Fight the Fear

Fight. Kick. Reach the surface 

Splash. Scream. Hold your breath. Repeat. 

I’m getting tired, can anybody hear me?  

Scream louder, I can’t give up so easily. 

I am just a kid; I have a future to live 

Or do I? My life didn’t flash before my eyes 

I couldn’t see anything past the blur of the water and from the tears of my cries.  

Kick harder, but I’m tired. 

I could not touch before but now it seems like the floor is the only thing in my reach. 

Daddy I’m scared please take a moment from your conversation and look at me.  

Fight. Kick. Reach the surface. 

Splash. Scream louder. Hold my breath. Repeat. 

Why didn’t I keep my floaties on? Because I wanted to be like them.  

Because I wanted to feel like I could swim.  

Yells that don’t belong to me, calling for help.  

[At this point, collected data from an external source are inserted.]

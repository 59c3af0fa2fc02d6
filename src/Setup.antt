-- ===== src/Setup.antt =====
-- The setup program, setup/src/main.rs. What Windows answers to each request is a function of the requests
-- before it; what the program reads, each once in a run, is a record of facts. A path is the list of its
-- parts. The calls that write a shortcut are one request, and so are the opening of a certificate store
-- and what is done in it. What is printed is left out.
pub mod Signing
pub mod Install
pub mod Uninstall
pub mod Main
pub mod Plan
pub mod Leaves
pub mod Consent
use ak1_driver.Prelude.{
  ℕ, Bool, true, false, ◌&&◌, List, [], ◌∷◌, ◌++◌, Option, none, some, ◌==◌, if◌then◌else◌,
}
use ak1_driver.Prelude.Int.{ℤ, pos, negsuc}
use ak1_driver.Prelude.Text.{Text, codes, text_eq}

abbrev pub FilePath : Type 0
FilePath = List Text

unfoldable pub same_path : FilePath → FilePath → Bool
unfolding text_eq
same_path [] [] = true
same_path (a ∷ p) (b ∷ q) = text_eq a b && same_path p q
same_path _ _ = false

-- `Path::starts_with`, by whole parts.
unfoldable pub is_under : (path folder : FilePath) → Bool
unfolding text_eq
is_under path [] = true
is_under [] (b ∷ folder) = false
is_under (a ∷ path) (b ∷ folder) = text_eq a b && is_under path folder

abbrev pub name : Text
name = codes "Audio Kontrol 1"

abbrev pub inf : Text
inf = codes "ak1acx.inf"

abbrev pub catalog : Text
catalog = codes "ak1acx.cat"

abbrev pub certificate : Text
certificate = codes "ak1-driver-test.cer"

abbrev pub driver_files : List Text
driver_files = inf ∷ codes "ak1acx.sys" ∷ catalog ∷ certificate ∷ []

abbrev pub asio_dll : Text
asio_dll = codes "ak1_asio.dll"

abbrev pub panel : Text
panel = codes "ak1-panel.exe"

abbrev pub setup_program : Text
setup_program = codes "ak1-setup.exe"

-- `CERT_STORES`.
pub data Store : Type 0 where
  root : Store
  trusted_publisher : Store

abbrev pub cert_stores : List Store
cert_stores = root ∷ trusted_publisher ∷ []

pub record Paths : Type 0 where
  pub driver : FilePath
  pub programs : FilePath
  pub shortcut : FilePath

pub data Value : Type 0 where
  string : List Text → Value
  dword : ℕ → Value

-- What changes the machine, but `open_certificate`. A string is given by its parts.
pub data Request : Type 0 where
  turn_test_signing_on : Request
  create_dir : FilePath → Request
  write_file : FilePath → (contents : List ℕ) → Request
  copy_file : (from to : FilePath) → Request
  trust : Store → (contents : List ℕ) → Request
  open_certificate : (contents : List ℕ) → Request
  distrust : Store → (contents : List ℕ) → Request
  delete_driver : (published : Text) → Request
  add_driver : FilePath → Request
  register : (dll : FilePath) → Request
  unregister : (dll : FilePath) → Request
  save_shortcut : (link target : FilePath) → Request
  create_uninstall_key : Request
  set_value : (value_name : Text) → Value → Request
  delete_uninstall_key : Request
  remove_file : FilePath → Request
  remove_dir : FilePath → Request
  spawn : FilePath → Request
  delete_at_restart : FilePath → Request

pub data Error : Type 0 where
  no_files : Error
  secure_boot_on : Error
  declined : Error
  unset : Error
  unread : Error
  usage : Error
  not_started : Request → Error
  exit_code : Request → ℤ → Error
  refused : Request → Error

pub data Result (A : Type 0) : Type 0 where
  ok : A → Result A
  err : Error → Result A

abbrev pub Log : Type 0
Log = List Request

-- What comes of a call on files, certificates or the registry.
pub data Answer : Type 0 where
  succeeded : Answer
  not_found : Answer
  failed : Answer

-- `run` answers the exit code of a program that was started.
pub record System : Type 0 where
  pub run : Log → Request → Option ℤ
  pub call : Log → Request → Answer

-- An action asks for what it logs, oldest first, and keeps the log beside an error.
abbrev pub Action : Type 0 → Type 0
Action A = Log → Result A × Log

abbrev pub continue : {A B : Type 0} → Result A → (A → Action B) → Action B
continue (ok a) f log = f a log
continue (err e) f log = (err e, log)

infixl 20 ◌>>=◌ ◌>>◌
abbrev pub ◌>>=◌ : {A B : Type 0} → Action A → (A → Action B) → Action B
◌>>=◌ m f log = let (r, log') = m log in continue r f log'

abbrev pub ◌>>◌ : {A B : Type 0} → Action A → Action B → Action B
m >> k = m >>= λ _. k

abbrev pub pure : {A : Type 0} → A → Action A
pure a log = (ok a, log)

abbrev pub raise : {A : Type 0} → Error → Action A
raise e log = (err e, log)

abbrev pub lift : {A : Type 0} → Result A → Action A
lift r log = (r, log)

abbrev pub exited : Request → Option ℤ → Result ℤ
exited request none = err (not_started request)
exited request (some code) = ok code

abbrev pub checked : Request → Answer → Result Unit
checked request succeeded = ok tt
checked request not_found = err (refused request)
checked request failed = err (refused request)

abbrev pub checked_found : Request → Answer → Result Unit
checked_found request succeeded = ok tt
checked_found request not_found = ok tt
checked_found request failed = err (refused request)

abbrev pub is_code : ℤ → ℕ → Bool
is_code (pos n) code = n == code
is_code (negsuc n) code = false

module _ (system : System) where
  -- Runs a program and returns its exit code.
  unfoldable pub run : Request → Action ℤ
  run request log = (exited request (system.run log request), log ++ (request ∷ []))

  -- A call that has to succeed.
  unfoldable pub call : Request → Action Unit
  call request log = (checked request (system.call log request), log ++ (request ∷ []))

  -- A call that may find nothing to do.
  unfoldable pub call_found : Request → Action Unit
  call_found request log = (checked_found request (system.call log request), log ++ (request ∷ []))

  -- A call whose outcome is ignored.
  unfoldable pub call_ignored : Request → Action Unit
  call_ignored request log = (ok tt, log ++ (request ∷ []))
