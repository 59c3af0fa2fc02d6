-- ===== src/Setup/Signing.antt =====
-- Test signing, driver packages and certificates of setup/src/main.rs.
use ak1_driver.Prelude.{
  ℕ, Bool, true, false, ◌&&◌, ◌||◌, List, [], ◌∷◌, Option, none, some, map, if◌then◌else◌, ◌==◌,
}
use ak1_driver.Prelude.Int.{ℤ}
use ak1_driver.Prelude.Text.{
  Text, codes, lower, starts_with, ends_with, contains, eq_ignore_case, trim, split_whitespace,
}
use ak1_driver.Setup.{
  catalog, cert_stores, Store, Request, turn_test_signing_on, trust, open_certificate, distrust,
  delete_driver, secure_boot_on, declined, exit_code, Result, ok, err, System, Action, ◌>>=◌, ◌>>◌,
  pure, raise, lift, is_code, run, call, unread,
}

-- The answer to a question: an error, the end of the input, or a line.
abbrev pub Line : Type 0
Line = Option (Option Text)

-- What `enable_test_signing` reads.
pub record SigningFacts : Type 0 where
  pub start_options : Option Text
  pub secure_boot : Option ℕ
  pub line : Line

unfoldable pub has_test_signing : List Text → Bool
unfolding eq_ignore_case
has_test_signing [] = false
has_test_signing (word ∷ rest) = eq_ignore_case word (codes "TESTSIGNING") || has_test_signing rest

-- Windows started with test signing on.
unfoldable pub is_active : Option Text → Bool
unfolding has_test_signing split_whitespace
is_active none = false
is_active (some options) = has_test_signing (split_whitespace options)

abbrev pub is_on : Option ℕ → Bool
is_on none = false
is_on (some value) = value == 1

unfoldable pub is_yes : Option Text → Bool
unfolding eq_ignore_case trim
is_yes none = false
is_yes (some answer) = eq_ignore_case (trim answer) (codes "y")

unfoldable pub confirm : Line → Result Bool
unfolding is_yes
confirm none = err unread
confirm (some answer) = ok (is_yes answer)

abbrev pub decide_signing : ℤ → Result Bool
decide_signing code = if is_code code 0 then ok true else err (exit_code turn_test_signing_on code)

-- Whether an exit code of pnputil asks for a restart; codes of `fine` need none.
abbrev pub decide_package : Request → (fine : ℤ → Bool) → ℤ → Result Bool
decide_package request fine code =
    if fine code
    then ok false
    else if is_code code 3010
    then ok true
    else err (exit_code request code)

-- A file in the folder of INFs; one that cannot be read is empty.
pub record Entry : Type 0 where
  pub file_name : Text
  pub contents : Text

-- The listing, where `none` is an error.
abbrev pub Listing : Type 0
Listing = Option (List (Option Entry))

unfoldable pub is_package : Entry → Bool
unfolding lower starts_with ends_with contains
is_package entry =
    let file_name = map lower entry.file_name in
    starts_with file_name (codes "oem")
    && ends_with file_name (codes ".inf")
    && contains (map lower entry.contents) catalog

-- `published_driver_packages`.
unfoldable pub published : List (Option Entry) → Result (List Text)
unfolding is_package lower
published [] = ok []
published (none ∷ entries) = err unread
published (some entry ∷ entries) = elim (published entries) [
  | err e ↦ err e
  | ok names ↦ if is_package entry then ok (map lower entry.file_name ∷ names) else ok names
]

unfoldable pub list_packages : Listing → Result (List Text)
unfolding published
list_packages none = err unread
list_packages (some entries) = published entries

module _ (system : System) where
  unfoldable pub ask_first : SigningFacts → Bool → Action Bool
  unfolding run
  ask_first facts false = raise declined
  ask_first facts true = do code ← run system turn_test_signing_on; lift (decide_signing code)

  -- Whether Windows has to restart for it.
  unfoldable pub enable_test_signing : SigningFacts → Action Bool
  unfolding is_active confirm ask_first
  enable_test_signing facts =
      if is_active facts.start_options
      then pure false
      else if is_on facts.secure_boot
      then raise secure_boot_on
      else (lift (confirm facts.line) >>= ask_first facts)

  unfoldable pub delete_packages : List Text → Action Bool
  unfolding run
  delete_packages [] = pure false
  delete_packages (driver ∷ drivers) = do
    code ← run system (delete_driver driver)
    restart ← lift (decide_package (delete_driver driver) (λ code. is_code code 0) code)
    others ← delete_packages drivers
    pure (restart || others)

  unfoldable pub remove_driver_packages : Listing → Action Bool
  unfolding list_packages delete_packages
  remove_driver_packages listing = lift (list_packages listing) >>= delete_packages

  unfoldable pub trust_in : List Store → List ℕ → Action Unit
  unfolding call
  trust_in [] contents = pure tt
  trust_in (store ∷ stores) contents = do
    call system (trust store contents)
    trust_in stores contents

  unfoldable pub trust_certificate : List ℕ → Action Unit
  unfolding trust_in
  trust_certificate = trust_in cert_stores

  unfoldable pub distrust_in : List Store → List ℕ → Action Unit
  unfolding call
  distrust_in [] contents = pure tt
  distrust_in (store ∷ stores) contents = do
    call system (distrust store contents)
    distrust_in stores contents

  unfoldable pub distrust_certificate : List ℕ → Action Unit
  unfolding call distrust_in
  distrust_certificate contents = do
    call system (open_certificate contents)
    distrust_in cert_stores contents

Somebody is pulling me out.  

With the strength I still had I latched onto them fast.  

I am safe now; I am out of the water.  

Fast forward 10 years, I am at GBYC in a pool that is 9 feet deep. 

I will only go as far as I can reach with my head above the water. 

My friends jumping off the diving board one right after another. 

And I? I was paralyzed with fear.  

“What if’s” swarming around my head.  

I had enough, I want to be a kid. 

Breaking the chain of threats, I dived in. 

Nine feet to the bottom felt forever away.  

But I knew that it was too late, and it had to be today.  

I reached the bottom and I kicked it for a boost. 

I opened my eyes I wasn’t even half way up 

I was running out of breath, but I wouldn’t give up 

So, I kicked harder, faster. I fought and I won.

I'm no longer a slave to fear, and my life has begun.